Worn Wood
By Karen Parr-Moody

Worn wood has an earthy simplicity that fits in with modern décor. Today it is no longer relegated to the beach houses of Big Sur. Instead, it has become a proper member of cosmopolitan society, rubbing elbows with other items of décor in city lofts. With its silverly patina, it easily sits alongside the rustic metals and glass that define industrial style, for example. Alternately, worn wood fits into farmhouse chic or an eclectic decorating scheme. Old wood is recycled, reclaimed and simply ravishing.

The toy horse has been on the scene for hundreds of years. The current form, a horse on bow rockers, emerged in 18th-century England. Soon, the industrialization of the Victorian era, with its burgeoning middle class, sped up the production of the toy rocking horse until many children were trotting away on one.

The rocking horse in the photo, above right, is a simple wooden structure ($50; Booth B-2010). It was once painted a deep emerald green, but the paint has since peeled away in patches, revealing the silvery wood beneath. It would look fabulous in a baby's nursery done in a modern style, complete with chevron pattern curtains and pale grey walls.

Once upon a time people collected ocean-worn pieces of driftwood; the '70s era comes quickly to mind. Usually these unique, contorted bits of wood found their way into the outside landscaping, in rock gardens or on patios. But today, those who want to be true originals bring driftwood inside. The piece of driftwood in the photo, left, looks uniquely glamorous when placed in the center of a glass table ($18; Booth B-113).
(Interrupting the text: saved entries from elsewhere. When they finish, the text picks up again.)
-- ===== src/Store/Kept.antt =====
-- What a prune of internal/store/prune.go keeps of the history.
use mulligan.Base.{
  ℕ, suc, ◌*◌, ◌-◌, ◌^◌, ◌<◌, ◌≡◌, refl, sym, ap, ◌∙◌, Bool, true, false, not, ◌==◌, some, List, [],
  ◌∷◌, All, All-filter, filter, Bool-cases, inl, inr, ◌⊎◌, arith,
}
use mulligan.Base.Int.{ℤ, pos, negsuc, ltb_ℤ, ◌+ℤ◌, ◌-ℤ◌}
use mulligan.Base.Sorting.{Ordered}
use mulligan.Base.Time.{Time, second, unix_seconds, add}
use mulligan.Store.Schema.{Txn, RowChange, Tables, Sqlite, number, retention_seconds, coverage_from}
use mulligan.Store.Tx.{Faults}
use mulligan.Store.Coverage.{in_seconds, wrap_word}
use mathlib.Core.Path.{subst}
use mulligan.Store.Prune.{has_txn, delete_txns, delete_gaps, delete_misses, prune}
use mulligan.Store.Read.{Stored, find_txn, join}
use mulligan.Store.Redelivery.{raise_to-rows}
use mulligan.Store.Wellformed.{Wellformed, Owned, txn_before}
use mulligan.Store.Effects.{pruned, edge_of, prune-Leaves}

has_txn-find :
    (id : ℕ) (txns : List Txn) → has_txn id txns ≡ true → (x : Txn) × (find_txn id txns ≡ some x)
unfolding has_txn find_txn
has_txn-find id [] h = absurd (cc)
has_txn-find id (t ∷ txns) h = elim (Bool-cases (t.id == id)) [
  | inl e ↦ (t, rw (e) refl)
  | inr e ↦ let (x, q) = has_txn-find id txns (ground arith) in (x, rw (e) q)
]

some-injective : {A : Type 0} {a b : A} → some a ≡ some b → a ≡ b
some-injective h = cc

eq-of-test : (a b : ℕ) → (a == b) ≡ true → a ≡ b
eq-of-test a b h = ground arith

module _ (p : Txn → Bool) where
  find_txn-filter :
      (id : ℕ) (txns : List Txn) {x : Txn}
      → find_txn id txns ≡ some x
      → p x ≡ true
      → (find_txn id (filter p txns) ≡ some x) × (has_txn id (filter p txns) ≡ true)
  unfolding find_txn has_txn
  find_txn-filter id [] h hp = absurd (cc)
  find_txn-filter id (t ∷ txns) {x} h hp = elim (Bool-cases (t.id == id)) [
    | inl e ↦
        let q : t ≡ x = some-injective (rw (e) at h) in
        let k : p t ≡ true = ap p q ∙ hp in rw (k) (rw (e) (ap some q, refl))
    | inr e ↦
        let (f, k) = find_txn-filter id txns (rw (e) at h) hp in
        elim (Bool-cases (p t)) [ inl a ↦ rw (a) (rw (e) (f, k)) | inr a ↦ rw (a) (f, k) ]
  ]

  has_txn-later :
      (t : Txn) (txns : List Txn)
      → All (λ y. txn_before t y ≡ true) txns
      → has_txn t.id txns ≡ false
  unfolding has_txn
  has_txn-later t [] h = refl
  has_txn-later t (y ∷ txns) (hy, h) = ground (arith, has_txn-later t txns h)

  has_txn-filter :
      (id : ℕ) (txns : List Txn) {x : Txn}
      → Ordered txn_before txns
      → find_txn id txns ≡ some x
      → p x ≡ false
      → has_txn id (filter p txns) ≡ false
  unfolding find_txn has_txn
  has_txn-filter id [] ho h hp = absurd (cc)
  has_txn-filter id (t ∷ txns) {x} (ht, ho) h hp = elim (Bool-cases (t.id == id)) [
    | inl e ↦
        let k : p t ≡ false = ap p (some-injective (rw (e) at h)) ∙ hp in
        rw (k, sym (eq-of-test t.id id e))
          (has_txn-later t (filter p txns) (All-filter _ p txns ht))
    | inr e ↦
        let k = has_txn-filter id txns ho (rw (e) at h) hp in
        elim (Bool-cases (p t)) [ inl a ↦ rw (a) (rw (e) k) | inr a ↦ rw (a) k ]
  ]

  join-filter :
      (txns : List Txn) (rows : List RowChange)
      → Ordered txn_before txns
      → Owned txns rows
      → join (filter p txns) (filter (λ (r : RowChange). has_txn r.txn_id (filter p txns)) rows)
        ≡ filter (λ (s : Stored). p s.txn) (join txns rows)
  unfolding join
  join-filter txns [] ho h = refl
  join-filter txns (r ∷ rows) ho (hr, h) =
      let (x, q) = has_txn-find r.txn_id txns hr in
      elim (Bool-cases (p x)) [
        | inl e ↦
            let (f, k) = find_txn-filter r.txn_id txns q e in
            rw (q, k, e) (rw (f, join-filter txns rows ho h) refl)
        | inr e ↦ rw (q, has_txn-filter r.txn_id txns ho q e, e) (join-filter txns rows ho h)
      ]

module _ (sql : Sqlite) where
  -- Whole seconds: a duration of less than 2^63 nanoseconds before now.
  abbrev pub seconds_before : ℕ → Time → ℤ
  seconds_before n now = unix_seconds now.instant -ℤ pos n

  in_seconds-brief :
      (n : ℕ) → suc n * second < 2 ^ 63 → in_seconds (negsuc n) ≡ negsuc (suc n * second - 1)
  unfolding in_seconds wrap_word
  in_seconds-brief n h = ground arith

  earlier-seconds :
      (n : ℕ) (z : ℤ)
      → unix_seconds (z +ℤ negsuc (suc n * second - 1)) ≡ unix_seconds z -ℤ pos (suc n)
  unfolding unix_seconds ◌+ℤ◌ ◌-ℤ◌
  earlier-seconds n (pos a) = ground arith
  earlier-seconds n (negsuc a) = ground arith

  edge_of-before :
      (n : ℕ) (now : Time)
      → suc n * second < 2 ^ 63
      → edge_of sql n now ≡ seconds_before (suc n) now
  unfolding add
  edge_of-before n now h = rw (in_seconds-brief n h) (earlier-seconds n now.instant)

  pruned-join :
      (edge : ℤ) (t : Tables)
      → Wellformed t
      → join (pruned sql edge t).txns (pruned sql edge t).row_changes
        ≡ filter (λ (s : Stored). not (ltb_ℤ s.txn.committed_at edge)) (join t.txns t.row_changes)
  unfolding pruned delete_gaps delete_misses delete_txns
  pruned-join edge t (ht, hr, ho, hd) =
      rw ((raise_to-rows sql coverage_from edge _).0, (raise_to-rows sql coverage_from edge _).1)
        (join-filter (λ (x : Txn). not (ltb_ℤ x.committed_at edge)) t.txns t.row_changes ht ho)

  -- However the calls of the driver fail, a prune of well-formed tables keeps every change or keeps,
  -- in their order, exactly the changes of the transactions that were committed no earlier than the
  -- store's retention before now, in whole seconds. The retention is below 2^63 nanoseconds.
  pub prune-join :
      (now : Time) (t : Tables) (fs : Faults)
      → Wellformed t
      → ((n : ℕ) → t.meta retention_seconds ≡ some (number (pos n)) → n * second < 2 ^ 63)
      → (join (prune sql now t fs).0.txns (prune sql now t fs).0.row_changes
          ≡ join t.txns t.row_changes)
        ⊎ ((n : ℕ) × (t.meta retention_seconds ≡ some (number (pos (suc n))))
            × (join (prune sql now t fs).0.txns (prune sql now t fs).0.row_changes
                ≡ filter
                    (λ (s : Stored). not (ltb_ℤ s.txn.committed_at (seconds_before (suc n) now)))
                    (join t.txns t.row_changes)))
  prune-join now t fs w brief = elim (prune-Leaves sql now t fs) [
    | inl e ↦ inl (rw (e) refl)
    | inr (n, q, e) ↦ inr (
      n,
      q,
      subst
          (λ edge.
            join (prune sql now t fs).0.txns (prune sql now t fs).0.row_changes
            ≡ filter (λ (s : Stored). not (ltb_ℤ s.txn.committed_at edge))
                (join t.txns t.row_changes))
          (edge_of-before n now (brief (suc n) q)) (rw (e) (pruned-join (edge_of sql n now) t w)),
    )
  ]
Personally, I love to dream up unusual contrasts when having art framed. When I saw this collection of frames, I knew they were special. Several are made from decades-old barn wood that has been reclaimed and repurposed (photo, right; prices range from $39 to $54; Booth B-222). They retain such a simple style that I could easily imagine colorful paintings framed within for a striking contrast. In fact, I have an oil pastel of a fancy French lady wearing her most inflated pompadour; she could use a little barn wood for a modern look.






Cock-a-doodle-doo! Along with reclaimed barn wood being used for everything from frames to ceiling beams to tables, savvy decorators have moved on to reuse other farm finds. Nashville interior designer Jason Parker Counce, who operates a booth at GasLamp, has brought a chicken coop into his GasLamp booth (photo, left; $75; Booth B-309).

"Update the chicken coop to hold your precious items," Counce says. "Make it become a plant holder by filling it with ferns and succulent plants. Or use it in the bathroom to hold rolled-up towels. It would work on the wall, too."

If you've ever visited coastal Maine, maybe you will remember this phenomenon: It seems that every few houses there is a lobster cage on the lawn. Right now, there is one at a GasLamp booth, as seen in the photo at right ($120; Booth B-225). It is similar in design to the chicken coop, and to borrow Counce's ideas about succulents, it seems like this lobster cage would go hand in hand with the shapes and textures of those particular plants. The muted tones of this cage's wood would allow the succulents' colors to truly shine, as well.

There's inherent character in each piece of worn wood. Whether it came from a beach or a barn, whether it once held chickens or crustaceans, each bit of wood tells a tale of its former days. And at the same time, such pieces bring fresh style into modern homes.